A comparison of statistics from 2025 and the opening months of 2026 shows that Iran has entered a new era of blockage. Last year, repeated records of digital blackouts were registered at different times, but the current shutdown, taking place simultaneously with an external war, is unparalleled in world history in both duration and severity. Based on available data, Iranian users have spent more than half of the first quarter of this year in complete disconnection. This means living in a country where the right to access information has been systematically destroyed.

The social consequences of this situation are no less severe than its economic damage. The severing of contact with the outside world has created an intense sense of isolation among the younger generation and the educated elite. While across the world the internet serves as a tool for relief efforts and organization in times of crisis, in Iran it has been turned into an instrument for paralyzing civil society.

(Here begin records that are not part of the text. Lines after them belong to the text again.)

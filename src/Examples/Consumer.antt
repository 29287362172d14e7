-- ===== src/Examples/Consumer.antt =====
-- Messages at the consumer (backend/src/worker/worker.js).
use hook_tracker.Prelude.{refl, [], ◌∷◌, true, false, none}
use hook_tracker.Status.{pending}
use hook_tracker.Store.{find_row}
use hook_tracker.World.{World, Message, delivery_queue}
use hook_tracker.Carried.{IsCarried, has_message}
use hook_tracker.Consumer.{consume}
use hook_tracker.Consumer.Losses.{consume_loses}
use hook_tracker.Examples.Data.{env, world_in, delivery_in}

abbrev first : Message
first = record {
  delivery_id = 1;
  attempt = 1;
  place = delivery_queue;
  expiration = none;
  redelivered = false;
}

abbrev second : Message
second = record first { redelivered = true }

-- The broker fails in the middle of the handling.
abbrev cut : World
cut = record (world_in pending) { faults = false ∷ false ∷ false ∷ false ∷ true ∷ [] }

abbrev down : World
down = record (world_in pending) { faults = true ∷ [] }

consume_loses_example : ¬ IsCarried 1 (consume env second down)
unfolding has_message find_row
consume_loses_example =
    (consume_loses env second (delivery_in pending) down [] refl refl refl refl refl refl).2
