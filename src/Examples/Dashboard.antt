-- ===== src/Examples/Dashboard.antt =====
-- The dashboard at concrete inputs: a command with quotes in its body, and answers of the API that
-- overtake each other (dashboard/src/lib/curl.js, dashboard/src/stores/deliveries.js).
use hook_tracker.Prelude.{◌≡◌, refl, [], ◌∷◌, some, none, codes, ℕ, inl}
use hook_tracker.Status.{pending}
use hook_tracker.Dashboard.Curl.{build_curl, shell_quote}
use hook_tracker.Dashboard.Curl.Words.{words}
use hook_tracker.Dashboard.Curl.Command.{words-build_curl}
use hook_tracker.Dashboard.Requests.{idle_request}
use hook_tracker.Dashboard.Deliveries.{
  DeliveryList, Item, ItemPage, Load, More, success, start_load, settle_load, start_more,
  settle_more, delivery_created, apply_realtime,
}
use hook_tracker.Dashboard.Deliveries.Order.{settle_all, Shows, settle_all-latest, load_more_mixes}
use hook_tracker.Dashboard.Deliveries.Reached.{opening, loading}
use hook_tracker.Dashboard.Deliveries.Pending.{Steps, here, next, hearing}

quote_test : shell_quote (codes "it's") ≡ codes "'it'\\''s'"
unfolding shell_quote
quote_test = refl

words-build_curl_example :
    words (
      build_curl
        (codes "https://a.example/$(id)")
        ((codes "x", codes "1; rm -rf /") ∷ [])
        (some (codes "{'}")))
    ≡ some (
        codes "curl"
        ∷ codes "-X"
        ∷ codes "POST"
        ∷ codes "https://a.example/$(id)"
        ∷ codes "-H"
        ∷ codes "x: 1; rm -rf /"
        ∷ codes "-d"
        ∷ codes "{'}"
        ∷ [])
words-build_curl_example =
    words-build_curl (codes "https://a.example/$(id)") ((codes "x", codes "1; rm -rf /") ∷ [])
      (some (codes "{'}"))

abbrev item : ℕ → Item
item id = record {
  id = id;
  status = pending;
  attempt_count = 0;
  last_response_status = none;
  last_duration_ms = none;
  last_error = none;
  completed_at = none;
  next_attempt_at = none;
}

abbrev shown : DeliveryList
shown = record {
  latest = 0;
  list_request = idle_request;
  more_request = idle_request;
  items = item 1 ∷ [];
  next_cursor = some 50;
  pending_ids = [];
  active_filters = 0;
  project_id = 3;
}

abbrev page : ℕ → ItemPage
page id = record { deliveries = item id ∷ []; next_cursor = none }

abbrev once : DeliveryList × Load
once = start_load 3 1 shown

-- The answer to the first load comes after that to the second.
settle_all-latest_example : Shows (success (page 7)) (
    settle_all
      (((start_load 3 2 once.0).1, success (page 7)) ∷ (once.1, success (page 8)) ∷ [])
      (start_load 3 2 once.0).0)
settle_all-latest_example =
    settle_all-latest 3 2 (success (page 7)) [] ((once.1, success (page 8)) ∷ [])
      (loading 3 1 (opening shown refl refl)) tt (inl refl, tt)

overtaken_test :
    (settle_all
      (((start_load 3 2 once.0).1, success (page 7)) ∷ (once.1, success (page 8)) ∷ [])
      (start_load 3 2 once.0).0).items
    ≡ item 7 ∷ []
unfolding start_load settle_load
overtaken_test = refl

load_more_mixes_example :
    (m : More) × (t : DeliveryList) × (start_more (start_load 3 1 shown).0 ≡ some (t, m))
    × (m.query.cursor ≡ some 50)
    × ((settle_more m
          (success (page 2))
          (settle_load (start_load 3 1 shown).1 (success (page 9)) t)).items
        ≡ item 9 ∷ item 2 ∷ [])
    × ((settle_more m
          (success (page 2))
          (settle_load (start_load 3 1 shown).1 (success (page 9)) t)).next_cursor
        ≡ none)
load_more_mixes_example = load_more_mixes 3 1 50 shown (page 9) (page 2) refl refl

heard :
    Steps shown (apply_realtime (delivery_created 4) (apply_realtime (delivery_created 4) shown))
heard =
    next (next here (hearing (delivery_created 4) shown))
      (hearing (delivery_created 4) (apply_realtime (delivery_created 4) shown))
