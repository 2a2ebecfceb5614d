-- ===== src/Reorg/Termination.antt =====
-- reorg.rs: the end of the search loop of `heal_reorg`.
use block_ex.Prelude.{
  ℕ, zero, suc, ◌+◌, ◌≤◌, ◌≡◌, refl, Bool, true, false, String, List, [], ◌∷◌, Bytes, bytes_eq,
  arith,
}
use block_ex.Prelude.Int.{ℤ, pos, pos_part, ◌+ℤ◌, ◌-ℤ◌, ◌≤ℤ◌}
use block_ex.Prelude.Order.{leb_ℤ, leb_ℤ_iff}
use block_ex.Db.{Db}
use block_ex.World.{Env, World, M, at_now, attempt}
use block_ex.World.Rules.{Ends, HasEnded, ending, Ends-bind, Ends-raise, Ends-pure, Ends-attempt}
use block_ex.Store.{
  block_hash_at, requeue_mempool_from_block, requeue_rows, with_decoded, see_mempool,
}
use block_ex.Reorg.{
  db_hash_at, live_hash_at, compare_hashes, round, find_fork, requeue_range, unwind, heal_reorg,
}

module _ (env : Env) where
  db_hash_at-Ends : (h : ℤ) → Ends (db_hash_at env h)
  unfolding db_hash_at block_hash_at
  db_hash_at-Ends h = search ending

  live_hash_at-Ends : (h : ℤ) → Ends (live_hash_at env h)
  unfolding live_hash_at
  live_hash_at-Ends h = search ending

  compare_hashes-Ends :
      (again : ℤ → ℕ → Bytes → M ℤ) (h : ℤ) (steps : ℕ) (b live : Bytes)
      → ((b : Bytes) → Ends (again (h -ℤ pos 1) (steps + 1) b))
      → Ends (compare_hashes env again h steps b live)
  unfolding compare_hashes
  compare_hashes-Ends again h steps b live k = go (bytes_eq live b) refl
    where
      go : (t : Bool) → bytes_eq live b ≡ t → Ends (compare_hashes env again h steps b live)
      go true e = rw (e, compare_hashes) (Ends-pure h)
      go false e =
          rw (e, compare_hashes) (Ends-bind _ _ (db_hash_at-Ends (h -ℤ pos 1)) (λ below. k below))

  round-Ends :
      (again : ℤ → ℕ → Bytes → M ℤ) (fw h : ℤ) (steps : ℕ) (b : Bytes)
      → (pos steps ≤ℤ fw → (b : Bytes) → Ends (again (h -ℤ pos 1) (steps + 1) b))
      → Ends (round env again fw h steps b)
  unfolding round
  round-Ends again fw h steps b k = go (leb_ℤ (pos steps) fw) refl
    where
      go : (t : Bool) → leb_ℤ (pos steps) fw ≡ t → Ends (round env again fw h steps b)
      go false e = rw (e, round) (Ends-raise _)
      go true e =
          rw (e, round)
            (Ends-bind _ _ (live_hash_at-Ends h) (λ live.
              compare_hashes-Ends again h steps b live (k ((leb_ℤ_iff (pos steps) fw).0 e))))

  -- The fuel that is left covers the steps that the window has left.
  find_fork-Ends :
      (fuel : ℕ) (fw h : ℤ) (steps : ℕ) (b : Bytes)
      → 1 ≤ fuel
      → pos_part fw + 2 ≤ steps + fuel
      → Ends (find_fork env fuel fw h steps b)
  unfolding find_fork
  find_fork-Ends zero fw h steps b some_fuel enough = absurd (omega arith)
  find_fork-Ends (suc fuel) fw h steps b some_fuel enough =
      round-Ends (find_fork env fuel fw) fw h steps b
        (λ fits b. find_fork-Ends fuel fw (h -ℤ pos 1) (steps + 1) b (fuel_left fits) (omega arith))
    where
      fuel_left : pos steps ≤ℤ fw → 1 ≤ fuel
      fuel_left fits = ground arith

  HasEnded-with_decoded :
      (s : String) (f : Bytes → Db → Db) (d : Db) → HasEnded (with_decoded env s f d)
  unfolding with_decoded
  HasEnded-with_decoded s f d = ground arith

  requeue_rows-Ends : (rows : List String) → Ends (requeue_rows env rows)
  unfolding requeue_rows
  requeue_rows-Ends [] = Ends-pure tt
  requeue_rows-Ends (s ∷ rows) =
      Ends-bind (at_now (λ now. attempt env (with_decoded env s (see_mempool now)))) _
        (record {
          at = λ w.
              (Ends-attempt env (with_decoded env s (see_mempool w.now))
                  (HasEnded-with_decoded s (see_mempool w.now))).at
                w;
        })
        (λ _. requeue_rows-Ends rows)

  requeue_mempool_from_block-Ends : (h : ℤ) → Ends (requeue_mempool_from_block env h)
  unfolding requeue_mempool_from_block
  requeue_mempool_from_block-Ends h = search (ending, requeue_rows-Ends)

  requeue_range-Ends : (n : ℕ) (lo : ℤ) → Ends (requeue_range env n lo)
  unfolding requeue_range
  requeue_range-Ends zero lo = Ends-pure tt
  requeue_range-Ends (suc n) lo =
      Ends-bind _ _ (requeue_mempool_from_block-Ends lo) (λ _. requeue_range-Ends n (lo +ℤ pos 1))

  unwind-Ends : (fork start : ℤ) → Ends (unwind env fork start)
  unfolding unwind
  unwind-Ends fork start = search (ending, requeue_range-Ends)

  heal_reorg-Ends : (start finality_window : ℤ) → Ends (heal_reorg env start finality_window)
  unfolding heal_reorg
  heal_reorg-Ends start fw = Ends-bind _ _ (db_hash_at-Ends (start -ℤ pos 1)) λ b.
      Ends-bind _ _
        (find_fork-Ends (pos_part fw + 2) fw (start -ℤ pos 1) 0 b (omega arith) (omega arith))
        λ f. search (ending, unwind-Ends)

  -- Whatever the daemon answers and whichever statements fail, a healing ends, with success or an
  -- error.
  pub heal_reorg_total :
      (start finality_window : ℤ) (w : World) → HasEnded (heal_reorg env start finality_window w).0
  heal_reorg_total start fw w = (heal_reorg-Ends start fw).at w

A catastrophe greater than missiles

The internet shutdown in Iran is a catastrophe whose scale is no less devastating than missile explosions. This action not only fails to provide national security, but by destroying the digital economy and household livelihoods, it has endangered human security itself. People who today are deprived of the right to work, the right to know, and the right to communicate are victims of a regime that would rather drag the country back to the Stone Age than allow truth to cross digital borders. The repeated use of this pattern shows that internet shutdowns are no longer an exception, but the rule.